■ **Aim of the exercise**:
Write out exactly the first lines of the listing, ending on the line that contains "held-place_ret = omega".

■ **Material to process**:
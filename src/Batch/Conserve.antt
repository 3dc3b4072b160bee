-- ===== src/Batch/Conserve.antt =====
-- `migrate_pages` of arm64_files/migrate.c loses no page and counts none twice.
use memory_migration_cs.Base.{
  ℕ, zero, suc, ◌+◌, ◌-◌, ltb, Bool, true, false, ◌&&◌, Option, none, some, List, [], ◌∷◌, ◌++◌,
  ◌≡◌, refl, ap, ◌∙◌, sum_by, sum_by-append, Errno, arith, inl, inr, Option-cases, not,
}
use memory_migration_cs.Batch.{
  Page, is_thp, Attempt, released, stays, returned, Mover, Lists, Progress, Stepped, place_kept,
  place_ret, place_gone, place_split, place_failed, try_split_thp, split_or, on_error, on_attempt,
  try_page, run_pass, run_passes, begin_pass,
}
use memory_migration_cs.Batch.Driver.{
  finish, finish_enomem, run_rounds, begin_subpages, end_round, after_passes, migrate_pages, Batch,
  start,
}

-- A measure of pages that a split shares out between the head and the tails.
abbrev pub IsShared : {W : Type 0} → Mover W → (Page → ℕ) → Type 0
IsShared {W} m weigh =
    (v : W) (p head : Page) (tails : List Page)
    → (m.split v p).1 ≡ some (head, tails)
    → weigh p ≡ weigh head + sum_by weigh tails

-- The measure of all pages that the lists hold.
abbrev pub held : (Page → ℕ) → Lists → ℕ
held weigh l =
    sum_by weigh l.kept + sum_by weigh l.ret + sum_by weigh l.split_pages + sum_by weigh l.gone

module _ (weigh : Page → ℕ) (p : Page) (l : Lists) where
  held-place_kept : held weigh (place_kept p l) ≡ held weigh l + weigh p
  unfolding place_kept
  held-place_kept = omega (arith, sum_by-append {0} weigh l.kept (p ∷ []))

  held-place_ret : held weigh (place_ret p l) ≡ held weigh l + weigh p
  unfolding place_ret
  held-place_ret = omega (arith, sum_by-append {0} weigh l.ret (p ∷ []))

  held-place_gone : held weigh (place_gone p l) ≡ held weigh l + weigh p
  unfolding place_gone
  held-place_gone = omega (arith, sum_by-append {0} weigh l.gone (p ∷ []))

  held-place_failed : (moved : Bool) → held weigh (place_failed moved p l) ≡ held weigh l + weigh p
  held-place_failed true = held-place_ret
  held-place_failed false = held-place_kept

  held-place_split :
      (tails : List Page)
      → held weigh (place_split p tails l) ≡ held weigh l + weigh p + sum_by weigh tails
  unfolding place_split
  held-place_split tails = omega (
    arith,
    sum_by-append {0} weigh l.split_pages (tails ++ (p ∷ [])),
    sum_by-append {0} weigh tails (p ∷ []),
  )

module _ {W : Type 0} (m : Mover W) (weigh : Page → ℕ) (share : IsShared m weigh) where
  -- The case of a page that may be split: it is split, or the rest of the case places it.
  held-split_or :
      (may : Bool) (p : Page) (s : Progress W) (otherwise : Progress W → Stepped W)
      → ((t : Progress W) → held weigh (otherwise t).0.lists ≡ held weigh t.lists + weigh p)
      → held weigh (split_or m may p s otherwise).0.lists ≡ held weigh s.lists + weigh p
  unfolding split_or try_split_thp
  held-split_or false p s otherwise h = h s
  held-split_or true p s otherwise h = elim (Option-cases (m.split s.world p).1) [
    | inl e ↦ rw (e, split_or, try_split_thp) (h (record s { world = (m.split s.world p).0 }))
    | inr ((head, tails), e) ↦
        rw (e, split_or, try_split_thp)
          (omega (arith, held-place_split weigh head s.lists tails, share s.world p head tails e))
  ]

  held-on_error :
      (nosplit nsc moved : Bool) (e : Errno) (p : Page) (s : Progress W)
      → held weigh (on_error m nosplit nsc moved e p s).0.lists ≡ held weigh s.lists + weigh p
  unfolding on_error
  held-on_error nosplit nsc moved Errno.enosys p s =
      held-split_or (is_thp p.kind) p _ _ (λ t. held-place_ret weigh p t.lists)
  held-on_error nosplit nsc moved Errno.enomem p s =
      held-split_or (is_thp p.kind && not nosplit) p _ _
        (λ t. held-place_failed weigh p t.lists moved)
  held-on_error nosplit nsc moved e p s = held-place_failed weigh p s.lists moved

  held-on_attempt :
      (nosplit nsc : Bool) (a : Attempt W) (p : Page) (s : Progress W)
      → held weigh (on_attempt m nosplit nsc a p s).0.lists ≡ held weigh s.lists + weigh p
  unfolding on_attempt
  held-on_attempt nosplit nsc (released w) p s = held-place_gone weigh p s.lists
  held-on_attempt nosplit nsc (stays e w) p s = held-on_error nosplit nsc false e p _
  held-on_attempt nosplit nsc (returned e w) p s = held-on_error nosplit nsc true e p _

  held-try_page :
      (nosplit nsc force : Bool) (p : Page) (s : Progress W)
      → held weigh (try_page m nosplit nsc force p s).0.lists ≡ held weigh s.lists + weigh p
  unfolding try_page
  held-try_page nosplit nsc force p s = held-on_attempt nosplit nsc _ p s

  -- The pages that a `goto out` has not reached.
  abbrev rest_of : Option (List Page) → List Page
  rest_of none = []
  rest_of (some ps) = ps

  held-run_pass :
      (nosplit nsc force : Bool) (ps : List Page) (s : Progress W)
      → let (s', stop) = run_pass m nosplit nsc force ps s in
        held weigh s'.lists + sum_by weigh (rest_of stop) ≡ held weigh s.lists + sum_by weigh ps
  unfolding run_pass
  held-run_pass nosplit nsc force [] s = refl
  held-run_pass nosplit nsc force (p ∷ ps) s = ground (
    arith,
    held-try_page nosplit nsc force p s,
    held-run_pass nosplit nsc force ps (try_page m nosplit nsc force p s).0,
  )

  held-run_passes :
      (nosplit nsc : Bool) (left : ℕ) (s : Progress W)
      → let (s', stop) = run_passes m nosplit nsc left s in
        held weigh s'.lists + sum_by weigh (rest_of stop) ≡ held weigh s.lists
  unfolding run_passes
  held-run_passes nosplit nsc zero s = omega arith
  held-run_passes nosplit nsc (suc left) s =
      let pass = run_pass m nosplit nsc (ltb 2 (10 - suc left)) s.lists.kept (begin_pass s) in
      ground (
        arith,
        held-run_pass nosplit nsc (ltb 2 (10 - suc left)) s.lists.kept (begin_pass s),
        held-run_passes nosplit nsc left pass.0,
      )

  -- All that a return of `migrate_pages` accounts for.
  abbrev accounted : Batch W → ℕ
  accounted b = sum_by weigh b.from + sum_by weigh b.gone

  held-finish_enomem :
      (rest : List Page) (s : Progress W)
      → accounted (finish_enomem rest s) ≡ held weigh s.lists + sum_by weigh rest
  unfolding finish_enomem finish
  held-finish_enomem rest s = omega (
    arith,
    sum_by-append {0} weigh s.lists.ret (s.lists.split_pages ++ (s.lists.kept ++ rest)),
    sum_by-append {0} weigh s.lists.split_pages (s.lists.kept ++ rest),
    sum_by-append {0} weigh s.lists.kept rest,
  )

  held-end_round :
      (next : Progress W → Option (Batch W)) (ps : List Page) (s : Progress W) (b : Batch W)
      → ps ≡ s.lists.split_pages
      → ((t : Progress W) → next t ≡ some b → accounted b ≡ held weigh t.lists)
      → end_round next ps s ≡ some b
      → accounted b ≡ held weigh s.lists
  unfolding end_round finish
  held-end_round next [] s b e ih h =
      let parts : sum_by weigh [] ≡ sum_by weigh s.lists.split_pages = ap (sum_by weigh) e in
      ground (arith, sum_by-append {0} weigh s.lists.ret s.lists.kept)
  held-end_round next (p ∷ ps) s b e ih h =
      omega (arith, ih (begin_subpages s) h, sum_by-append {0} weigh s.lists.kept s.lists.ret)

  held-after_passes :
      (next : Progress W → Option (Batch W)) (s : Progress W) (stop : Option (List Page))
      (b : Batch W)
      → ((t : Progress W) → next t ≡ some b → accounted b ≡ held weigh t.lists)
      → after_passes next (s, stop) ≡ some b
      → accounted b ≡ held weigh s.lists + sum_by weigh (rest_of stop)
  unfolding after_passes
  held-after_passes next s (some rest) b ih h = ground (arith, held-finish_enomem rest s)
  held-after_passes next s none b ih h =
      let end = held-end_round next s.lists.split_pages _ b refl ih h in omega arith

  held-run_rounds :
      (n : ℕ) (nosplit nsc : Bool) (s : Progress W) (b : Batch W)
      → run_rounds m n nosplit nsc s ≡ some b
      → accounted b ≡ held weigh s.lists
  unfolding run_rounds
  held-run_rounds zero nosplit nsc s b h = cc
  held-run_rounds (suc n) nosplit nsc s b h =
      held-after_passes (run_rounds m n nosplit true) (run_passes m nosplit nsc 10 s).0
        (run_passes m nosplit nsc 10 s).1 b (λ t k. held-run_rounds n nosplit true t b k) h
      ∙ held-run_passes nosplit nsc 10 s

  -- `migrate_pages` loses no page and counts none twice: by any measure that a split of a THP shares
  -- out among its pages, the list that it leaves and the pages that were migrated weigh together what
  -- the list weighed that it was called with.
  pub migrate_pages-accounted :
      (nosplit : Bool) (from : List Page) (w : W) (b : Batch W)
      → migrate_pages m nosplit from w ≡ some b
      → sum_by weigh b.from + sum_by weigh b.gone ≡ sum_by weigh from
  unfolding migrate_pages
  migrate_pages-accounted nosplit from w b h =
      omega (arith, held-run_rounds 2 nosplit false (start from w) b h)
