-- ===== src/Batch/Counts.antt =====
-- What the counters of `migrate_pages` (arm64_files/migrate.c) say of its lists: in the round that
-- counts, each page that stays, fails or is split is counted once.
use memory_migration_cs.Base.{
  ℕ, zero, suc, ◌+◌, ◌-◌, ltb, ◌≤◌, Bool, true, false, ◌&&◌, not, Option, none, some, List, [], ◌∷◌,
  ◌++◌, ◌≡◌, refl, length, length-append, Errno, eagain, enosys, enomem, arith, inl, inr,
  Option-cases, Bool-cases, if◌then◌else◌, ◌==◌,
}
use memory_migration_cs.Batch.{
  Page, is_thp, is_hugetlb, Attempt, released, stays, returned, Mover, Lists, Counters, Progress,
  Stepped, place_kept, place_ret, place_gone, place_split, try_split_thp, split_or, on_error,
  on_attempt, try_page, run_pass, run_passes, begin_pass, after_pass,
}

-- The interface of a single page's move: a page stays on its list only to be retried or when its
-- move was refused early (-ENOSYS, -ENOMEM), and a page that is to be retried has not been moved.
abbrev pub StaysFor : Errno → Type 0
StaysFor eagain = Unit
StaysFor enosys = Unit
StaysFor enomem = Unit
StaysFor e = ⊥

abbrev pub ReturnsFor : Errno → Type 0
ReturnsFor eagain = ⊥
ReturnsFor e = Unit

abbrev pub IsPlaced : {W : Type 0} → Attempt W → Type 0
IsPlaced (released w) = Unit
IsPlaced (stays e w) = StaysFor e
IsPlaced (returned e w) = ReturnsFor e

abbrev pub PlacedFor : Bool → Errno → Type 0
PlacedFor true e = ReturnsFor e
PlacedFor false e = StaysFor e

pub record IsMover {W : Type 0} (m : Mover W) : Type 0 where
  pub places : (w : W) (p : Page) (force : Bool) → IsPlaced (m.unmap_and_move w p force)
  pub places_huge :
      (w : W) (p : Page) (force : Bool) → IsPlaced (m.unmap_and_move_huge_page w p force)

-- Failures and splits, as they are counted in the first round.
pub record IsCounted (l : Lists) (c : Counters) : Type 0 where
  pub failures : c.nr_failed + c.nr_thp_failed ≡ length l.ret + c.nr_thp_split
  pub splits_failed : c.nr_thp_split ≤ c.nr_thp_failed
  pub splits_queued : c.nr_thp_split ≤ length l.split_pages
  pub queued_split : c.nr_thp_split ≡ 0 → length l.split_pages ≡ 0

-- Besides, each page kept is to be retried.
pub record IsSettled (l : Lists) (c : Counters) : Type 0 where
  pub counted : IsCounted l c
  pub retries : c.retry + c.thp_retry ≡ length l.kept

abbrev pub Settled : {W : Type 0} → Progress W → Type 0
Settled s = IsSettled s.lists s.counters

-- A case of the switch keeps the counts, unless it leaves the loop.
abbrev pub Keeps : {W : Type 0} → Progress W → Stepped W → Type 0
Keeps s r = Settled s → r.1 ≡ false → Settled r.0

-- The same for what a case makes of a progress whose failure it has counted already, with one more
-- failure than pages placed.
abbrev OneMoreFailed : Lists → Counters → Bool → Type 0
OneMoreFailed l c thp =
    (c.nr_failed + c.nr_thp_failed ≡ length l.ret + c.nr_thp_split + 1)
    × (thp ≡ true → suc c.nr_thp_split ≤ c.nr_thp_failed)
    × (c.nr_thp_split ≤ c.nr_thp_failed)
    × (c.nr_thp_split ≤ length l.split_pages)
    × (c.nr_thp_split ≡ 0 → length l.split_pages ≡ 0)
    × (c.retry + c.thp_retry ≡ length l.kept)

-- A split queues at least one page.
place_split-lengths :
    (head : Page) (tails : List Page) (l : Lists)
    → let l' = place_split head tails l in
      (length l'.split_pages ≡ length l.split_pages + length tails + 1)
      × (length l'.ret ≡ length l.ret)
      × (length l'.kept ≡ length l.kept)
unfolding place_split
place_split-lengths head tails l = (
  omega (
    arith,
    length-append {0} l.split_pages (tails ++ (head ∷ [])),
    length-append {0} tails (head ∷ []),
  ),
  refl,
  refl,
)

place_ret-lengths :
    (p : Page) (l : Lists)
    → let l' = place_ret p l in
      (length l'.ret ≡ length l.ret + 1)
      × (length l'.split_pages ≡ length l.split_pages)
      × (length l'.kept ≡ length l.kept)
unfolding place_ret
place_ret-lengths p l = (length-append l.ret (p ∷ []), refl, refl)

place_kept-lengths :
    (p : Page) (l : Lists)
    → let l' = place_kept p l in
      (length l'.kept ≡ length l.kept + 1)
      × (length l'.split_pages ≡ length l.split_pages)
      × (length l'.ret ≡ length l.ret)
unfolding place_kept
place_kept-lengths p l = (length-append l.kept (p ∷ []), refl, refl)

place_gone-lengths :
    (p : Page) (l : Lists)
    → let l' = place_gone p l in
      (length l'.kept ≡ length l.kept)
      × (length l'.split_pages ≡ length l.split_pages)
      × (length l'.ret ≡ length l.ret)
unfolding place_gone
place_gone-lengths p l = (refl, refl, refl)

some_is_not_none : (ps : List Page) → some ps ≡ none → ⊥
some_is_not_none ps h = cc

IsPlaced-choice :
    {W : Type 0} (a b : Attempt W) (c : Bool)
    → IsPlaced a
    → IsPlaced b
    → IsPlaced (if c then a else b)
IsPlaced-choice a b true h k = h
IsPlaced-choice a b false h k = k

module _ {W : Type 0} (m : Mover W) where
  keeps-split_or :
      (may thp : Bool) (p : Page) (s : Progress W) (otherwise : Progress W → Stepped W)
      → (may ≡ true → thp ≡ true)
      → OneMoreFailed s.lists s.counters thp
      → ((w : W)
          → (otherwise (record s { world = w })).1 ≡ false
          → Settled (otherwise (record s { world = w })).0)
      → (split_or m may p s otherwise).1 ≡ false
      → Settled (split_or m may p s otherwise).0
  unfolding split_or try_split_thp
  keeps-split_or false thp p s otherwise t h o f = o s.world f
  keeps-split_or true thp p s otherwise t h o f = elim (Option-cases (m.split s.world p).1) [
    | inl e ↦
        rw (e, split_or, try_split_thp)
          (o (m.split s.world p).0 (rw (e, split_or, try_split_thp) at f))
    | inr ((head, tails), e) ↦
        rw (e, split_or, try_split_thp)
          (ground (arith, place_split-lengths head tails s.lists, t refl, h.1 (t refl)))
  ]

  keeps-on_error :
      (nosplit moved : Bool) (e : Errno) (p : Page) (s : Progress W)
      → PlacedFor moved e
      → Settled s
      → (on_error m nosplit false moved e p s).1 ≡ false
      → Settled (on_error m nosplit false moved e p s).0
  unfolding on_error
  keeps-on_error nosplit true eagain p s r h f = absurd r
  keeps-on_error nosplit false eagain p s r h f = ground (arith, place_kept-lengths p s.lists)
  keeps-on_error nosplit moved enosys p s r h f =
      keeps-split_or (is_thp p.kind) (is_thp p.kind) p _ _ (λ t. t) (ground arith)
        (λ w g. ground (arith, place_ret-lengths p s.lists)) f
  keeps-on_error nosplit moved enomem p s r h f =
      keeps-split_or (is_thp p.kind && not nosplit) (is_thp p.kind) p _ _ (λ t. ground arith)
        (ground arith) (λ w g. cc) f
  keeps-on_error nosplit true e p s r h f = ground (arith, place_ret-lengths p s.lists)
  keeps-on_error nosplit false e p s r h f = absurd r

  keeps-on_attempt :
      (nosplit : Bool) (a : Attempt W) (p : Page) (s : Progress W)
      → IsPlaced a
      → Settled s
      → (on_attempt m nosplit false a p s).1 ≡ false
      → Settled (on_attempt m nosplit false a p s).0
  unfolding on_attempt
  keeps-on_attempt nosplit (released w) p s r h f = ground (arith, place_gone-lengths p s.lists)
  keeps-on_attempt nosplit (stays e w) p s r h f =
      keeps-on_error nosplit false e p (record s { world = w }) r (ground arith) f
  keeps-on_attempt nosplit (returned e w) p s r h f =
      keeps-on_error nosplit true e p (record s { world = w }) r (ground arith) f

  keeps-try_page :
      IsMover m
      → (nosplit force : Bool) (p : Page) (s : Progress W) → Settled s
      → (try_page m nosplit false force p s).1 ≡ false
      → Settled (try_page m nosplit false force p s).0
  unfolding try_page
  keeps-try_page ok nosplit force p s h f =
      keeps-on_attempt nosplit
        (if is_hugetlb p.kind
          then m.unmap_and_move_huge_page s.world p force
          else m.unmap_and_move s.world p force)
        p s
        (IsPlaced-choice _ _ (is_hugetlb p.kind) (ok.places_huge s.world p force)
          (ok.places s.world p force))
        h f

  keeps-run_pass :
      IsMover m
      → (nosplit force : Bool) (ps : List Page) (s : Progress W) → Settled s
      → (run_pass m nosplit false force ps s).1 ≡ none
      → Settled (run_pass m nosplit false force ps s).0
  unfolding run_pass
  keeps-run_pass ok nosplit force [] s h f = h
  keeps-run_pass ok nosplit force (p ∷ ps) s h f =
      elim (Bool-cases (try_page m nosplit false force p s).1) [
        | inl e ↦ absurd (some_is_not_none ps (rw (e, run_pass) at f))
        | inr e ↦
            rw (e, run_pass)
              (keeps-run_pass ok nosplit force ps (try_page m nosplit false force p s).0
                (keeps-try_page ok nosplit force p s h e) (rw (e, run_pass) at f))
      ]

  keeps-after_pass :
      (next : Progress W → Progress W × Option (List Page)) (s : Progress W)
      (stop : Option (List Page))
      → (stop ≡ none → Settled s)
      → ((t : Progress W) → Settled t → (next t).1 ≡ none → Settled (next t).0)
      → (after_pass next (s, stop)).1 ≡ none
      → Settled (after_pass next (s, stop)).0
  unfolding after_pass
  keeps-after_pass next s (some rest) h n f = absurd (some_is_not_none rest f)
  keeps-after_pass next s none h n f = n s (h refl) f

  -- A pass begins with nothing kept and nothing to be retried.
  Settled-begin_pass : (s : Progress W) → IsCounted s.lists s.counters → Settled (begin_pass s)
  Settled-begin_pass s h = ground arith

  -- The passes of a round, of which the first is made if anything is to be retried.
  pub keeps-run_passes :
      IsMover m
      → (nosplit : Bool) (left : ℕ) (s : Progress W) → IsCounted s.lists s.counters
      → (left ≡ 0 → Settled s)
      → ((s.counters.retry == 0 && s.counters.thp_retry == 0) ≡ true → Settled s)
      → (run_passes m nosplit false left s).1 ≡ none
      → Settled (run_passes m nosplit false left s).0
  unfolding run_passes
  keeps-run_passes ok nosplit zero s c h d f = h refl
  keeps-run_passes ok nosplit (suc left) s c h d f =
      elim (Bool-cases (s.counters.retry == 0 && s.counters.thp_retry == 0)) [
        | inl e ↦ rw (e, run_passes) (d e)
        | inr e ↦
            rw (e, run_passes)
              (keeps-after_pass (run_passes m nosplit false left) _ _
                (keeps-run_pass ok nosplit (ltb 2 (10 - suc left)) s.lists.kept (begin_pass s)
                  (Settled-begin_pass s c))
                (λ t k. keeps-run_passes ok nosplit left t k.counted (λ z. k) (λ z. k))
                (rw (e, run_passes) at f))
      ]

■ **Output of the exercise**:
filename src/Batch/Conserve.antt
repository 3dc3b4072b160bee
-- ===== src/Batch/Conserve.antt =====
-- `migrate_pages` of arm64_files/migrate.c loses no page and counts none twice.
use memory_migration_cs.Base.{
  ℕ, zero, suc, ◌+◌, ◌-◌, ltb, Bool, true, false, ◌&&◌, Option, none, some, List, [], ◌∷◌, ◌++◌,
  ◌≡◌, refl, ap, ◌∙◌, sum_by, sum_by-append, Errno, arith, inl, inr, Option-cases, not,
}
use memory_migration_cs.Batch.{
  Page, is_thp, Attempt, released, stays, returned, Mover, Lists, Progress, Stepped, place_kept,
  place_ret, place_gone, place_split, place_failed, try_split_thp, split_or, on_error, on_attempt,
  try_page, run_pass, run_passes, begin_pass,
}
use memory_migration_cs.Batch.Driver.{
  finish, finish_enomem, run_rounds, begin_subpages, end_round, after_passes, migrate_pages, Batch,
  start,
}

-- A measure of pages that a split shares out between the head and the tails.
abbrev pub IsShared : {W : Type 0} → Mover W → (Page → ℕ) → Type 0
IsShared {W} m weigh =
    (v : W) (p head : Page) (tails : List Page)
    → (m.split v p).1 ≡ some (head, tails)
    → weigh p ≡ weigh head + sum_by weigh tails

-- The measure of all pages that the lists hold.
abbrev pub held : (Page → ℕ) → Lists → ℕ
held weigh l =
    sum_by weigh l.kept + sum_by weigh l.ret + sum_by weigh l.split_pages + sum_by weigh l.gone

module _ (weigh : Page → ℕ) (p : Page) (l : Lists) where
  held-place_kept : held weigh (place_kept p l) ≡ held weigh l + weigh p
  unfolding place_kept
  held-place_kept = omega (arith, sum_by-append {0} weigh l.kept (p ∷ []))

  held-place_ret : held weigh (place_ret p l) ≡ held weigh l + weigh p
  unfolding place_ret
  held-place_ret = omega (arith, sum_by-append {0} weigh l.ret (p ∷ []))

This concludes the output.